Precautions to Follow
By now, you have gathered enough knowledge about the risk factors of welding. It is indeed a risky task with several hazardous outcomes. But, those are avoidable if you follow specific rules. Below we have mentioned some of the preventive methods to avoid welding risks.
1. Proper Ventilation
The room where you are welding must have proper ventilation to control the room’s welding fume amount. Unfortunately, natural ventilation is not enough in this case. Instead, you would require to combine a forced dilution ventilation process and local exhaust to get the job done.
2. Prepare the Surface
Preparing the surface is one of the crucial tasks to consider.
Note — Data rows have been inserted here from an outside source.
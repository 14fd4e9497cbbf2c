-- ===== src/Service/Alias.antt =====
-- Custom aliases, `is_valid_custom_alias` of service/core/url_generator.py, over code points.
use mathlib.Core.List.{append_assoc, append-nil}
use mathlib.Core.Path.{subst}
use url_copilot.Prelude.{
  All, Bool, Bool-cases, List, String, [], ap, arith, codes, false, if◌then◌else◌, inl, inr, leb,
  length, length-append, nat_eq, not, refl, string_eq, suc, sym, true, zero, ℕ, ◌&&◌, ◌++◌, ◌+◌,
  ◌==◌, ◌||◌, ◌↔◌, ◌∙◌, ◌∷◌, ◌≡◌, ◌≤◌, ◌⊎◌,
}

-- [a-zA-Z0-9]
unfoldable pub is_alnum : ℕ → Bool
is_alnum c = leb b'a' c && leb c b'z' || leb b'A' c && leb c b'Z' || leb b'0' c && leb c b'9'

-- [a-zA-Z0-9\-]
unfoldable pub is_slug : ℕ → Bool
is_slug c = is_alnum c || c == b'-'

-- `$` of Python's `re` without MULTILINE: the end of the text, or a newline that ends it
unfoldable pub at_end : List ℕ → Bool
at_end [] = true
at_end (c ∷ []) = c == 10
at_end (c ∷ d ∷ t) = false

-- [a-zA-Z0-9]$
unfoldable pub match_last : List ℕ → Bool
match_last [] = false
match_last (c ∷ t) = is_alnum c && at_end t

-- at most `n` more of [a-zA-Z0-9\-], greedy with backtracking, then `match_last`
unfoldable pub match_rest : ℕ → List ℕ → Bool
unfolding match_last
match_rest zero t = match_last t
match_rest (suc n) [] = false
match_rest (suc n) (c ∷ t) = is_slug c && match_rest n t || match_last (c ∷ t)

-- `_ALIAS_PATTERN.match`
unfoldable pub match_alias : List ℕ → Bool
unfolding match_rest
match_alias [] = false
match_alias (a ∷ []) = false
match_alias (a ∷ b ∷ t) = is_alnum a && is_slug b && match_rest 29 t

-- the body of the function on the code points of the alias
unfoldable pub is_valid_codes : List ℕ → Bool
unfolding match_alias
is_valid_codes t = if not (leb 3 (length t) && leb (length t) 32) then false else match_alias t

unfoldable pub is_valid_custom_alias : String → Bool
unfolding is_valid_codes
is_valid_custom_alias alias = is_valid_codes (codes alias)

-- What the docstring promises of an alias, and what `$` lets through besides.
abbrev pub IsSlugText : List ℕ → Type 0
IsSlugText s =
    (a : ℕ) × (middle : List ℕ) × (z : ℕ) × (s ≡ a ∷ (middle ++ z ∷ []))
    × (is_alnum a ≡ true)
    × (1 ≤ length middle)
    × All (λ c. is_slug c ≡ true) middle
    × (is_alnum z ≡ true)

at_end-cases : (t : List ℕ) → at_end t ≡ true → (t ≡ []) ⊎ (t ≡ 10 ∷ [])
unfolding at_end
at_end-cases [] h = inl refl
at_end-cases (c ∷ []) h = inr (ground arith)
at_end-cases (c ∷ d ∷ t) h = cc

match_rest_sound :
    (n : ℕ) (t : List ℕ)
    → match_rest n t ≡ true
    → (middle : List ℕ) × (z : ℕ) × (r : List ℕ) × (t ≡ middle ++ z ∷ r)
      × All (λ c. is_slug c ≡ true) middle
      × (is_alnum z ≡ true)
      × (at_end r ≡ true)
unfolding match_rest
match_rest_sound zero [] h = cc
match_rest_sound zero (c ∷ t) h = ([], c, t, refl, tt, ground arith, ground arith)
match_rest_sound (suc n) [] h = cc
match_rest_sound (suc n) (c ∷ t) h = elim (Bool-cases (match_last (c ∷ t))) [
  | inl last ↦ ([], c, t, refl, tt, ground arith, ground arith)
  | inr longer ↦
      let (middle, z, r, e, slug, alnum, end) = match_rest_sound n t (ground arith) in
      (c ∷ middle, z, r, ap (◌∷◌ c) e, (ground arith, slug), alnum, end)
]

match_rest_complete :
    (n : ℕ) (middle : List ℕ) (z : ℕ) (r : List ℕ)
    → length middle ≤ n
    → All (λ c. is_slug c ≡ true) middle
    → is_alnum z ≡ true
    → at_end r ≡ true
    → match_rest n (middle ++ z ∷ r) ≡ true
unfolding match_rest
match_rest_complete zero [] z r fits slug alnum end = ground arith
match_rest_complete zero (c ∷ middle) z r fits slug alnum end = absurd (omega arith)
match_rest_complete (suc n) [] z r fits slug alnum end = ground arith
match_rest_complete (suc n) (c ∷ middle) z r fits slug alnum end =
    ground (arith, match_rest_complete n middle z r (omega arith) slug.1 alnum end)

match_alias_sound :
    (t : List ℕ)
    → match_alias t ≡ true
    → (s : List ℕ) × IsSlugText s × ((t ≡ s) ⊎ (t ≡ s ++ 10 ∷ []))
unfolding match_alias
match_alias_sound [] h = cc
match_alias_sound (a ∷ []) h = cc
match_alias_sound (a ∷ b ∷ t) h =
    let (middle, z, r, e, slug, alnum, end) = match_rest_sound 29 t (ground arith) in
    (
      a ∷ ((b ∷ middle) ++ z ∷ []),
      (a, b ∷ middle, z, refl, ground arith, omega arith, (ground arith, slug), alnum),
      elim (at_end-cases r end) [
        | inl plain ↦ inl (rw (e, plain) refl)
        | inr newline ↦ inr (rw (e, newline, append_assoc) refl)
      ],
    )

match_alias_complete :
    (a : ℕ) (middle : List ℕ) (z : ℕ) (r : List ℕ)
    → is_alnum a ≡ true
    → 1 ≤ length middle
    → length middle ≤ 30
    → All (λ c. is_slug c ≡ true) middle
    → is_alnum z ≡ true
    → at_end r ≡ true
    → match_alias (a ∷ (middle ++ z ∷ r)) ≡ true
unfolding match_alias
match_alias_complete a [] z r alnum some_middle fits slug last end = absurd (omega arith)
match_alias_complete a (b ∷ middle) z r alnum some_middle fits slug last end =
    ground (arith, match_rest_complete 29 middle z r (omega arith) slug.1 last end)

within_bounds : (t : List ℕ) → is_valid_codes t ≡ true → (match_alias t ≡ true) × (length t ≤ 32)
unfolding is_valid_codes
within_bounds t h = elim (Bool-cases (match_alias t)) [
  | inl m ↦ (m, ground arith)
  | inr m ↦ absurd (ground arith)
]

is_valid_codes_complete :
    (s r : List ℕ)
    → IsSlugText s
    → at_end r ≡ true
    → length (s ++ r) ≤ 32
    → is_valid_codes (s ++ r) ≡ true
unfolding is_valid_codes
is_valid_codes_complete s r (a, middle, z, e, alnum, some_middle, slug, last) end fits =
    let reshape : s ++ r ≡ a ∷ (middle ++ z ∷ r) = rw (e, append_assoc) refl in
    let size : length (s ++ r) ≡ suc (length middle + suc (length r)) =
      rw reshape (omega (arith, length-append middle (z ∷ r))) in
    let matched : match_alias (s ++ r) ≡ true =
      rw reshape
        (match_alias_complete a middle z r alnum some_middle (omega arith) slug last end) in
    ground arith

-- An alias passes exactly if it has at most 32 characters and is a letter or digit, then at
-- least one letter, digit or hyphen, then a letter or digit; or such a text and a newline.
pub alias_rule :
    (alias : String)
    → (is_valid_custom_alias alias ≡ true) ↔ (
        (s : List ℕ) × IsSlugText s
        × (length (codes alias) ≤ 32)
        × ((codes alias ≡ s) ⊎ (codes alias ≡ s ++ 10 ∷ [])))
unfolding is_valid_custom_alias at_end
alias_rule alias = (
  λ h.
      let (m, fits) = within_bounds (codes alias) h in
      let (s, slug, shape) = match_alias_sound (codes alias) m in (s, slug, fits, shape),
  λ t.
      let (s, slug, fits, shape) = t in
      elim shape [
        | inl plain ↦ accepted_with [] refl s slug (plain ∙ sym (append-nil s)) fits
        | inr newline ↦ accepted_with (10 ∷ []) refl s slug newline fits
      ],
)
  where
    accepted_with :
        (r : List ℕ)
        → at_end r ≡ true
        → (s : List ℕ) → IsSlugText s
        → codes alias ≡ s ++ r
        → length (codes alias) ≤ 32
        → is_valid_codes (codes alias) ≡ true
    accepted_with r end s slug e fits =
        subst (λ t. is_valid_codes t ≡ true) (sym e)
          (is_valid_codes_complete s r slug end (subst (λ t. length t ≤ 32) e fits))
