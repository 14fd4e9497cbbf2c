-- ===== src/Prompts/Loader.antt =====
-- orchestrator/prompt_builder/loader.py. A directory is the list of its files, name and text, in the
-- order of `iterdir`, empty where it is missing; `\d` is read as an ASCII digit.
use url_copilot.Prelude.{
  Bool, List, Option, Result, String, [], codes, concat, err, false, if◌then◌else◌, leb, ltb,
  nat_beq, none, ok, some, ℕ, ◌&&◌, ◌*◌, ◌+◌, ◌-◌, ◌∷◌,
}
use Prim.Native.Char.{code}
use url_copilot.Service.Alias.{at_end}

pub data LoadError : Type 0 where
  no_prompt_file : LoadError

abbrev pub Directory : Type 0
Directory = List (String × String)

-- what follows a prefix
abbrev pub after_prefix : List ℕ → List ℕ → Option (List ℕ)
after_prefix [] t = some t
after_prefix (c ∷ p) [] = none
after_prefix (c ∷ p) (d ∷ t) = let rest = after_prefix p t in if nat_beq c d then rest else none

abbrev pub is_digit : ℕ → Bool
is_digit c = leb b'0' c && leb c b'9'

-- `\.txt$`
abbrev pub is_suffix : List ℕ → Bool
is_suffix t = elim (after_prefix (codes ".txt") t) [ none ↦ false | some rest ↦ at_end rest ]

-- more digits of the number, then the suffix
abbrev pub read_version : ℕ → List ℕ → Option ℕ
read_version n [] = none
read_version n (c ∷ t) =
    let more = read_version (10 * n + (c - b'0')) t in
    if is_digit c then more else if is_suffix (c ∷ t) then some n else none

-- `(\d+)\.txt$`
abbrev pub first_digit : List ℕ → Option ℕ
first_digit [] = none
first_digit (c ∷ t) = if is_digit c then read_version 0 (c ∷ t) else none

-- the number in the name of a file, if the file is a prompt of the stage
unfoldable pub version_of : String → String → Option ℕ
version_of stage name = elim (after_prefix (codes (concat stage "_v")) (codes name)) [
  | none ↦ none
  | some rest ↦ first_digit rest
]

-- `path.stem`: the name up to its last dot
abbrev pub before_dot : String → Option String
before_dot String.[] = none
before_dot (String.◌∷◌ c s) = elim (before_dot s) [
  | some t ↦ some (String.◌∷◌ c t)
  | none ↦ if nat_beq (code c) b'.' then some "" else none
]

abbrev pub stem : String → String
stem name = elim (before_dot name) [ none ↦ name | some s ↦ s ]

pub record Candidate : Type 0 where
  pub version : ℕ
  pub name : String
  pub content : String

unfoldable pub candidates : String → Directory → List Candidate
candidates stage [] = []
candidates stage ((name, content) ∷ files) =
    let rest = candidates stage files in
    elim (version_of stage name) [
      | none ↦ rest
      | some n ↦ record { version = n; name = name; content = content } ∷ rest
    ]

-- `max(candidates, key=lambda t: t[0])`: the first of the greatest
unfoldable pub greatest : Candidate → List Candidate → Candidate
greatest best [] = best
greatest best (c ∷ cs) = greatest (if ltb best.version c.version then c else best) cs

-- `PromptLoader.load` with `_resolve`
unfoldable pub load : String → Directory → Result LoadError (String × String)
load stage directory = elim (candidates stage directory) [
  | [] ↦ err no_prompt_file
  | c ∷ cs ↦ let best = greatest c cs in ok (best.content, stem best.name)
]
Any reaction during the welding process with pain or coatings can exhaust dangerous fumes. Therefore, remove any coatings or paints from the welding surface before starting the process. It is advisable to avoid chlorinated solvents for cleaning the welding field.
3. Power Settings
The best way to avoid or decrease the risk is by taking down the amount of fume exhaustion. Therefore, welders should control the power setting to avoid increased amounts of fumes.
4. Choosing Welding Method
Flexibility can be a life-saving factor here. While different welding types require a different process, it is wise to practice something that emits comparatively few fumes or ultraviolet radiations.
5. Use PPE
All welders should wear proper PPE before starting the process. As a welder, you must wear air purifying respiratory protection. It filters the air particles that you would otherwise breathe in. You should also wear a welding helmet with a UV-filtered lens. It would protect your eyes from radiation. Be sure you wear long-sleeved shirts and trousers that would safeguard your whole skin to avoid adverse exposures to UV rays.
6. Protection of Others
Welding fumes and radiations are different. While radiations may not get out of a room, fumes can. They mix and spread with air. So, factories should consider having an isolated welding room, separate from other departments of the factory. Nowadays, many companies are using automated welding machines to avoid hazardous results among welders.
7. Job Rotation
Cancer is a result of prolonged exposure to UV radiation and fumes. So, the most basic and easiest way to prevent this is by rotating the welders’ jobs. As a welder, be sure to share your job with others instead of continuing it for a prolonged period. It would decrease the risks since no one has to stay with the welding fumes for a long time.
Welding can mean many things to you. It can also be your passion. But that must not lead you to the end of your life. The best way to enjoy your job is by ensuring your protection first. Welding possesses a greater risk of cancer for those who are exposed to the fumes and radiations. But it is avoidable if you follow the preventive methods. Now that you know both the risks and the escape, we hope you will act smarter and ensure your protection.